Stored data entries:
-- ===== src/Examples/Logs.antt =====
-- The write-ahead log at concrete inputs.
use keva.Prelude.{ℕ, ◌+◌, ◌≡◌, ◌⊎◌, refl, true, some, [], ◌∷◌, ◌++◌, arith, length, All}
use keva.Time.{unix_epoch}
use keva.Wal.{Record, op_set, op_delete, replay, finished, failed}
use keva.Prelude.Reader.{unexpected_eof}
use keva.Wal.Codec.{IsLoggable, a_set, a_delete}
use keva.Wal.Total.{replay_ends}
use keva.Wal.Writer.{Wal, Disk, sync_interval, concat, append, flush, stop}
use keva.Wal.Writer.Flusher.{
  Run, here, next, accept, tick, buffers, accepted, accepted-Run, file-stop,
}

abbrev set_one : Record
set_one = record { op = op_set; key = 1 ∷ []; value = 2 ∷ []; expires_at = unix_epoch + 100 }

abbrev delete_one : Record
delete_one = record { op = op_delete; key = 1 ∷ []; value = []; expires_at = 0 }

both-IsLoggable : All IsLoggable (set_one ∷ delete_one ∷ [])
both-IsLoggable = (
  a_set refl (omega arith) (omega arith) (record { from = omega arith; to = omega arith }),
  (a_delete refl (omega arith) refl, tt),
)

abbrev count : ℕ → Record → ℕ
count n r = n + length r.value

replay_ends_example :
    ((replay count (some (1 ∷ 0 ∷ 9 ∷ [])) 0).1 ≡ finished)
    ⊎ ((replay count (some (1 ∷ 0 ∷ 9 ∷ [])) 0).1 ≡ failed unexpected_eof)
replay_ends_example = replay_ends count (some (1 ∷ 0 ∷ 9 ∷ [])) 0

abbrev log : Wal
log = record {
  mode = sync_interval;
  max_batch_size = 10;
  file = 42 ∷ [];
  synced = [];
  queue = [];
  batch = [];
  running = true;
}

abbrev disk : Disk
disk = record { written = 0; sync_ok = true }

-- an append and a tick
abbrev after_run : Wal
after_run = flush [] true (append disk set_one log).1

log-Run : Run log ((set_one ∷ []) ++ []) after_run
log-Run =
    next (next {rs = []} here (accept log disk set_one refl (omega arith)))
      (tick (append disk set_one log).1 true (unfold append in refl))

accepted-Run_example : accepted after_run ≡ accepted log ++ concat (buffers ((set_one ∷ []) ++ []))
accepted-Run_example = accepted-Run log-Run

file-stop_example :
    (stop [] true after_run).file ++ concat after_run.queue
    ≡ accepted log ++ concat (buffers ((set_one ∷ []) ++ []))
file-stop_example = file-stop true log-Run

Exercise - Nothing but a number is wanted here: please count the lines in the entries above that include the word "omega".

Output below - 3